Find how many lines of the listing below include the word "cases", then report the number by itself.

※ ※ ※

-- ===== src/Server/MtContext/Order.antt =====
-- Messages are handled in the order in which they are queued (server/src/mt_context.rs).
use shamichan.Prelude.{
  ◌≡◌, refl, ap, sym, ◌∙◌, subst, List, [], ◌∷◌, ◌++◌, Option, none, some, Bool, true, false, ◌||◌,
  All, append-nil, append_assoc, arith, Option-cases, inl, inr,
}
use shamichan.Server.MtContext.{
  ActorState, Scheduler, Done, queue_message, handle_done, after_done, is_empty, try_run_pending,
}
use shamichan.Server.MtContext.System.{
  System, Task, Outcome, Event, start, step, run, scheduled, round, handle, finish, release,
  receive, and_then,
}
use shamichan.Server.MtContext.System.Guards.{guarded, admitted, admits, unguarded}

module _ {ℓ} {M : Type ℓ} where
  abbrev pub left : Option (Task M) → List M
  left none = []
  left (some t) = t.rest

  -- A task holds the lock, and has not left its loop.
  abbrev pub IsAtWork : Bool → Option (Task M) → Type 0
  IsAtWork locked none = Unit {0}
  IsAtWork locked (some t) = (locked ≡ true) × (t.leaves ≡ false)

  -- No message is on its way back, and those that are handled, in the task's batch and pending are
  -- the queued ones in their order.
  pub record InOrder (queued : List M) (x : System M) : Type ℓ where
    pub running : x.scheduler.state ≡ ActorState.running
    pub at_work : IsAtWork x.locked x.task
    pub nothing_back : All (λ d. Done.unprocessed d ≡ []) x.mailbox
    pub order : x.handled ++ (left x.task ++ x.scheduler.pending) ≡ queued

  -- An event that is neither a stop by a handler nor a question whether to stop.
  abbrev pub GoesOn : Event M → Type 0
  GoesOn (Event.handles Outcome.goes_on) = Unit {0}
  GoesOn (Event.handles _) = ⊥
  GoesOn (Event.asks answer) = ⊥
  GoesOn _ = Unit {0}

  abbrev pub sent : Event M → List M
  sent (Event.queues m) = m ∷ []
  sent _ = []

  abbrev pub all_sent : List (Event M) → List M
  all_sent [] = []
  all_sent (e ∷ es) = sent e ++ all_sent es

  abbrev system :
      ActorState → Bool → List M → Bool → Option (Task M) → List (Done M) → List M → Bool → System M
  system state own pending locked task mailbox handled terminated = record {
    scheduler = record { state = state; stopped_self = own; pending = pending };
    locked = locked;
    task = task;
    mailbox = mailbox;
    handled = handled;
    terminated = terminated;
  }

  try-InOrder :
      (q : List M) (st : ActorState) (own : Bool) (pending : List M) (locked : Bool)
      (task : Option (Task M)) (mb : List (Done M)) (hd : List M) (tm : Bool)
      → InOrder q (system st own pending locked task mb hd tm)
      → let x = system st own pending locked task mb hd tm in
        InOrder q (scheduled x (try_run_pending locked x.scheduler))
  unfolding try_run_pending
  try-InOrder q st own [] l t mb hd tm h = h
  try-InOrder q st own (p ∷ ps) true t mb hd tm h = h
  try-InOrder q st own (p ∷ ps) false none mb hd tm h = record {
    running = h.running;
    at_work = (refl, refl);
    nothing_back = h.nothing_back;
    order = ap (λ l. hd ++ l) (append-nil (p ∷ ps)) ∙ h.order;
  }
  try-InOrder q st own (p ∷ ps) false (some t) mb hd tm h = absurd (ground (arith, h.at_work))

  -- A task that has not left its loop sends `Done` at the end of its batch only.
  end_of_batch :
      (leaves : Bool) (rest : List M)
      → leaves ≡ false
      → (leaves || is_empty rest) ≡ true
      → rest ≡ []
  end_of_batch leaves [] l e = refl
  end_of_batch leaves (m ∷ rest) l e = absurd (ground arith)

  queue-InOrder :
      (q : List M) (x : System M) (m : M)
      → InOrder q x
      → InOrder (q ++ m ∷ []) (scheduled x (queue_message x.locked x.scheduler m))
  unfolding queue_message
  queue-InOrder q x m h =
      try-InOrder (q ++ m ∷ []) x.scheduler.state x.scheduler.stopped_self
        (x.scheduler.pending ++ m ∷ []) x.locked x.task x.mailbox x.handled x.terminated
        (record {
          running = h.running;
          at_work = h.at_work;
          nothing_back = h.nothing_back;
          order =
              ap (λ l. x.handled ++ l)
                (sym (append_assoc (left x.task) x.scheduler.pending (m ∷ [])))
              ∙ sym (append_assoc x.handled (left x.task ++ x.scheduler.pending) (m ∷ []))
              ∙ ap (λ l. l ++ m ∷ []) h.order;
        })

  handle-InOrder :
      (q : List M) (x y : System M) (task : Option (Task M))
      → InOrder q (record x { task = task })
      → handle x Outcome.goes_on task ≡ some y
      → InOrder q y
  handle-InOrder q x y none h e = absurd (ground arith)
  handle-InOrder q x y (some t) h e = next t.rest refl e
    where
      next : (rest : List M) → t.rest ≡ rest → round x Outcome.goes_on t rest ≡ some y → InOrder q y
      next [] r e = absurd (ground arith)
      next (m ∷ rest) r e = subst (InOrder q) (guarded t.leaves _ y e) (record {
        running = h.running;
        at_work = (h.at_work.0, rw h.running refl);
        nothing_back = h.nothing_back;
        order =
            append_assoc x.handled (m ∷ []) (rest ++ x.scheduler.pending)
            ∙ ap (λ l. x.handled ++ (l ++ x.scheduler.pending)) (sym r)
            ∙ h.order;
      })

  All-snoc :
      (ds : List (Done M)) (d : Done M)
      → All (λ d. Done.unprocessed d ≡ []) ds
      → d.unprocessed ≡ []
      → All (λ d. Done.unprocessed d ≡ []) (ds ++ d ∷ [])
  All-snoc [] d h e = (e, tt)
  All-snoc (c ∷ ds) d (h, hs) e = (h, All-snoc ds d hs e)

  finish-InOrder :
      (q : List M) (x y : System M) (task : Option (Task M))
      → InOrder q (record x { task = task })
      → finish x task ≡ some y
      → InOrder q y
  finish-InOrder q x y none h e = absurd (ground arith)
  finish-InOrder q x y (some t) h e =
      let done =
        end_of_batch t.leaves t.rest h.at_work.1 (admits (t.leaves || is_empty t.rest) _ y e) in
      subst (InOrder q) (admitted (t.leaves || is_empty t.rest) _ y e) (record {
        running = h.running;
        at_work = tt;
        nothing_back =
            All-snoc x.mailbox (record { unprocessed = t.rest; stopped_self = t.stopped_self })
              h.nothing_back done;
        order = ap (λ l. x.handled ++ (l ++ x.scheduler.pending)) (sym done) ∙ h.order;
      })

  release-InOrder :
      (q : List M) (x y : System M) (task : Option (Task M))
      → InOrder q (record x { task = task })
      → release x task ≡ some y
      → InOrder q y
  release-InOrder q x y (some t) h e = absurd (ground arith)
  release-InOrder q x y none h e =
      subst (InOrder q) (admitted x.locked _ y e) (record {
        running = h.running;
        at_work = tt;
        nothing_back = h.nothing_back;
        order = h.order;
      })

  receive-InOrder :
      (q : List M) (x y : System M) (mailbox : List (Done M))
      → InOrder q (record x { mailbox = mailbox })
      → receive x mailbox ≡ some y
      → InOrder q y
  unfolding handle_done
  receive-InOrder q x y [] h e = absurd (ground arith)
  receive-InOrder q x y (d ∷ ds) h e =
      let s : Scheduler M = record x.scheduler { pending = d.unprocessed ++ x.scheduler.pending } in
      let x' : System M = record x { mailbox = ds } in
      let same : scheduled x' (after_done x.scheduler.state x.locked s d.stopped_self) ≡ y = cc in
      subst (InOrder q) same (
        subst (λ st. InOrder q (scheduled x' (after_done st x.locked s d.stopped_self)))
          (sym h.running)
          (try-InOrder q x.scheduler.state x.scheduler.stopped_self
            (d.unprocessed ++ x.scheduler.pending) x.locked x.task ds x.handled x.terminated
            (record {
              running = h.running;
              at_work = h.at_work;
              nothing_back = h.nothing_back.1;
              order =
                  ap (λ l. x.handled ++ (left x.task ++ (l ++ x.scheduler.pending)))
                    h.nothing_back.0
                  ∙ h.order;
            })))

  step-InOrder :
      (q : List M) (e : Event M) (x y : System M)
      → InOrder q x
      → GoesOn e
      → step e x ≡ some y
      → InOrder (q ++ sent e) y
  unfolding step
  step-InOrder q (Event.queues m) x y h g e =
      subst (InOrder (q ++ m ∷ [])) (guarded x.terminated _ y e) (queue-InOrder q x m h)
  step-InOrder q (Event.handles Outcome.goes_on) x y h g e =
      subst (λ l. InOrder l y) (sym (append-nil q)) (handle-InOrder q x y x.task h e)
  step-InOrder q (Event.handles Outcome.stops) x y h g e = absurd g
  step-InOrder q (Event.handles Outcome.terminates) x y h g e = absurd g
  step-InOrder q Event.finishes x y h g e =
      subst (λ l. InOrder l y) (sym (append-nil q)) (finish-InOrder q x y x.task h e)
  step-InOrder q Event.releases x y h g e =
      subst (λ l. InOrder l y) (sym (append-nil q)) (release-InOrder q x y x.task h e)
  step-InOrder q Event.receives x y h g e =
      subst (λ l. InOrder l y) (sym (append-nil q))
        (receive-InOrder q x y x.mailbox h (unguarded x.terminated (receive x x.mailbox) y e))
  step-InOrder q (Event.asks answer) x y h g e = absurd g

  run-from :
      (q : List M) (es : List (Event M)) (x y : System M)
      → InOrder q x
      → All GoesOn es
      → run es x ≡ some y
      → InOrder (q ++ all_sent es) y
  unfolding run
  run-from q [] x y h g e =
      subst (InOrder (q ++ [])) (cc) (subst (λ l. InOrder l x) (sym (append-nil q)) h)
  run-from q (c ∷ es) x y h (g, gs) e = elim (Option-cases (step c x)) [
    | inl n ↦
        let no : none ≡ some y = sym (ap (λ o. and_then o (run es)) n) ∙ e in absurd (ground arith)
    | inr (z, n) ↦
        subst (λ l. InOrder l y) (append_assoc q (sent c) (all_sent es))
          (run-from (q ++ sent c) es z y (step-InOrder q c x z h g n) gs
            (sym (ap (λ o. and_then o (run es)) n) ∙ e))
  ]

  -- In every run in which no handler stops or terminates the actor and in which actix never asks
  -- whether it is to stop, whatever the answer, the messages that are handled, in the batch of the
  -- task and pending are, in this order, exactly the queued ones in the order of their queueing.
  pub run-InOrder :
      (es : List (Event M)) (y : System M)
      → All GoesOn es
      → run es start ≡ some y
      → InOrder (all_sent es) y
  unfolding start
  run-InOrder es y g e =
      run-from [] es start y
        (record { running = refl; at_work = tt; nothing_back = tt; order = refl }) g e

※ ※ ※

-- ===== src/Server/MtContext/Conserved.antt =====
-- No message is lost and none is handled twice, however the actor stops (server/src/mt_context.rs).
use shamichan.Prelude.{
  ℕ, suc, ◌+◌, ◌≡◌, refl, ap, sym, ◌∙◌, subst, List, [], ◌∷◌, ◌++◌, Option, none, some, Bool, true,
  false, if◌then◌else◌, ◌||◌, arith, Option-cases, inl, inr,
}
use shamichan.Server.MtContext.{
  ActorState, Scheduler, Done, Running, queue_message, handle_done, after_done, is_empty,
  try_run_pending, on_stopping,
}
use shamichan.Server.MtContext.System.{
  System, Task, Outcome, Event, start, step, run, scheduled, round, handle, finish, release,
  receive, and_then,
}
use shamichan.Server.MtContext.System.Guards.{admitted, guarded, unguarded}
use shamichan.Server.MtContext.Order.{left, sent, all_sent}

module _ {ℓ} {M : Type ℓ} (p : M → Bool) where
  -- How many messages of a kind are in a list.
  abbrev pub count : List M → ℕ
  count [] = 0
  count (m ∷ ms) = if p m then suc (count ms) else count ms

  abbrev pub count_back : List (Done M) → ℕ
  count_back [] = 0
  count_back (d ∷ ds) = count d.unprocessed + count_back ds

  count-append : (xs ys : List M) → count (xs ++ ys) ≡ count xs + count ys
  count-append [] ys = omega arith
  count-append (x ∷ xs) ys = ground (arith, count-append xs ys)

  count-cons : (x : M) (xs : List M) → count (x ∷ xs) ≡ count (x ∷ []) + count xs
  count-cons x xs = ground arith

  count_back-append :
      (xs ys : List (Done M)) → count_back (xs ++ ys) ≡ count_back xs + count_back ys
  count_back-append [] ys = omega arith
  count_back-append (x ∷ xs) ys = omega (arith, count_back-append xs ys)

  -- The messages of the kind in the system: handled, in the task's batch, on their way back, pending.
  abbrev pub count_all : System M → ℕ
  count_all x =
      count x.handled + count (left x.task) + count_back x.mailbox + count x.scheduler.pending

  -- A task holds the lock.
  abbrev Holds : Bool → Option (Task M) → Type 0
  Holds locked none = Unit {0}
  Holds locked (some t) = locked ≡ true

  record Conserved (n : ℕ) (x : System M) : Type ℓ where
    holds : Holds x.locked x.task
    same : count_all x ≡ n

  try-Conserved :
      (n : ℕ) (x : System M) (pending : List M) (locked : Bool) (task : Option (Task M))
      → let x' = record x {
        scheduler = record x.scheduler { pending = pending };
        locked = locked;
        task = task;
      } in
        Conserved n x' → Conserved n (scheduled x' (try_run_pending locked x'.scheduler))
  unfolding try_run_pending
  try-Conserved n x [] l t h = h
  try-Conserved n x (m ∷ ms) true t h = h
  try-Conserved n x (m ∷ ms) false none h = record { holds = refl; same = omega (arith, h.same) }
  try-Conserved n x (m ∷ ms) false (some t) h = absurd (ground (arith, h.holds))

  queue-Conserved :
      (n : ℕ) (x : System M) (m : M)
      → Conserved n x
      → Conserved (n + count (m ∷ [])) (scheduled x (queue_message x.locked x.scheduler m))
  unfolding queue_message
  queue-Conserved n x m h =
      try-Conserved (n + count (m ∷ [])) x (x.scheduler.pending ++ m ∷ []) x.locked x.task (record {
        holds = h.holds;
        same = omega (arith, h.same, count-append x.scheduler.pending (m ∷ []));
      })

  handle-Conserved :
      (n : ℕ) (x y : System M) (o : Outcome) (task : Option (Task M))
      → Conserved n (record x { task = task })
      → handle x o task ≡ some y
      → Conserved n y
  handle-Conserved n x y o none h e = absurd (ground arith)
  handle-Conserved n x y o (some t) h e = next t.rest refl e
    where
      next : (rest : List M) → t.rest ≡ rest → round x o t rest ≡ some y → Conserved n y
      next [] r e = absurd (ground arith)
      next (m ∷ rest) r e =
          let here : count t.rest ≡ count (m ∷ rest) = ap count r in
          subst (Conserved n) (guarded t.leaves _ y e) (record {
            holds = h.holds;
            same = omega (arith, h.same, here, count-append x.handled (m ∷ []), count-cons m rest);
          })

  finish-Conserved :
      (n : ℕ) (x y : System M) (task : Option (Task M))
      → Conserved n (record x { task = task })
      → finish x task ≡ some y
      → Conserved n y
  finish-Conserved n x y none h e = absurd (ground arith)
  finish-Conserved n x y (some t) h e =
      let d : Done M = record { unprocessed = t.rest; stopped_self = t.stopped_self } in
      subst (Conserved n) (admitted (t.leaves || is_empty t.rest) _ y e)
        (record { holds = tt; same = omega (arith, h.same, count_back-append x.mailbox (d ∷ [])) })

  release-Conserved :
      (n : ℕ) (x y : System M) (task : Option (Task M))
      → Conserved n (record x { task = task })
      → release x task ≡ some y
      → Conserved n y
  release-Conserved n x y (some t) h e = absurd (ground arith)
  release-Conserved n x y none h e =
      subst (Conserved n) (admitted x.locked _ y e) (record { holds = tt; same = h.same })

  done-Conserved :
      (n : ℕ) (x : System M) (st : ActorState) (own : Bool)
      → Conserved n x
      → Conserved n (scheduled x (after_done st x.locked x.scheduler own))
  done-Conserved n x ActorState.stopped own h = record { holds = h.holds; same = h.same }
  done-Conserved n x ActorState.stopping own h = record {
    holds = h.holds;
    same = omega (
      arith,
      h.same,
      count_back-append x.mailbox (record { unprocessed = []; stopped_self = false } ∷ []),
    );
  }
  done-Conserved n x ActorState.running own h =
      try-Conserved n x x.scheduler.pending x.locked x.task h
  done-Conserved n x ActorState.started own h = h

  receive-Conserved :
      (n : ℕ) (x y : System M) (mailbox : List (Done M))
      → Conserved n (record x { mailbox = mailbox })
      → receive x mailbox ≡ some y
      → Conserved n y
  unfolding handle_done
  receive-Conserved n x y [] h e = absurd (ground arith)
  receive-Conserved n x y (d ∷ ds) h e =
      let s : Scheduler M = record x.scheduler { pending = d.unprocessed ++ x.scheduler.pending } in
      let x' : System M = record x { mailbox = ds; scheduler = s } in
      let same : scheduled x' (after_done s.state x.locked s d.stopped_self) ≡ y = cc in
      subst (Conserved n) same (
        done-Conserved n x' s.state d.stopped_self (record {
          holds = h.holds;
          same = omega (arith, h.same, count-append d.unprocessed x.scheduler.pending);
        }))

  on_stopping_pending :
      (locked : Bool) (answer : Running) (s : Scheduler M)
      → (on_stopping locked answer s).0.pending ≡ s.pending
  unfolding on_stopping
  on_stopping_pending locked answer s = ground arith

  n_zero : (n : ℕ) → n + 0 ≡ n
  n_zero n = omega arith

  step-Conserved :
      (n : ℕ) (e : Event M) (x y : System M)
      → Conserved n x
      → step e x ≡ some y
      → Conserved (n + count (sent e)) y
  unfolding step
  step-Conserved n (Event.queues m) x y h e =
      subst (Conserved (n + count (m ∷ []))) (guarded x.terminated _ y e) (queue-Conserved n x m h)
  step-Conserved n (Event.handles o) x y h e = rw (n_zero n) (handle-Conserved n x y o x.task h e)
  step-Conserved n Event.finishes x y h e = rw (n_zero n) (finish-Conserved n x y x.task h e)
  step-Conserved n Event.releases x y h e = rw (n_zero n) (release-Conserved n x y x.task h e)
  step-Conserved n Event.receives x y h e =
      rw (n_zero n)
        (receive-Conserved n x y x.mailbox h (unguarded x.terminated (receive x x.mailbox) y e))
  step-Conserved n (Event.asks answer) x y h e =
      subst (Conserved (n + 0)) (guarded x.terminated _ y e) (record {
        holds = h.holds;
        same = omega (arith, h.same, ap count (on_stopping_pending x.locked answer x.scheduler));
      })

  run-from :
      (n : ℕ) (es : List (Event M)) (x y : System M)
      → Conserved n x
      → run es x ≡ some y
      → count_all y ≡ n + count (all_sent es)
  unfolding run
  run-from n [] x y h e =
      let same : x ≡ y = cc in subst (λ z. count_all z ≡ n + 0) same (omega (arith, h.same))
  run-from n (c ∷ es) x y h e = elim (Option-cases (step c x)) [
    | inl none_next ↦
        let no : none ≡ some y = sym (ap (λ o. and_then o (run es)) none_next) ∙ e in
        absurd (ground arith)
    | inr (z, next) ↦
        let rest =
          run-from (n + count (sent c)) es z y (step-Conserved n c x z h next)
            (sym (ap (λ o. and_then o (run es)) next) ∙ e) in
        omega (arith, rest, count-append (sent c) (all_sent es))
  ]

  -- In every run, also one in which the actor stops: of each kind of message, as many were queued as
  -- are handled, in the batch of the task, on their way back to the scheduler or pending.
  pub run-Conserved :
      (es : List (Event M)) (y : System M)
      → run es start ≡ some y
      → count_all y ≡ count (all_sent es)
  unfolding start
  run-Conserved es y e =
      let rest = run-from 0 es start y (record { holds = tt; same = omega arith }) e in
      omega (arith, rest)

※ ※ ※

## Answer to this task
4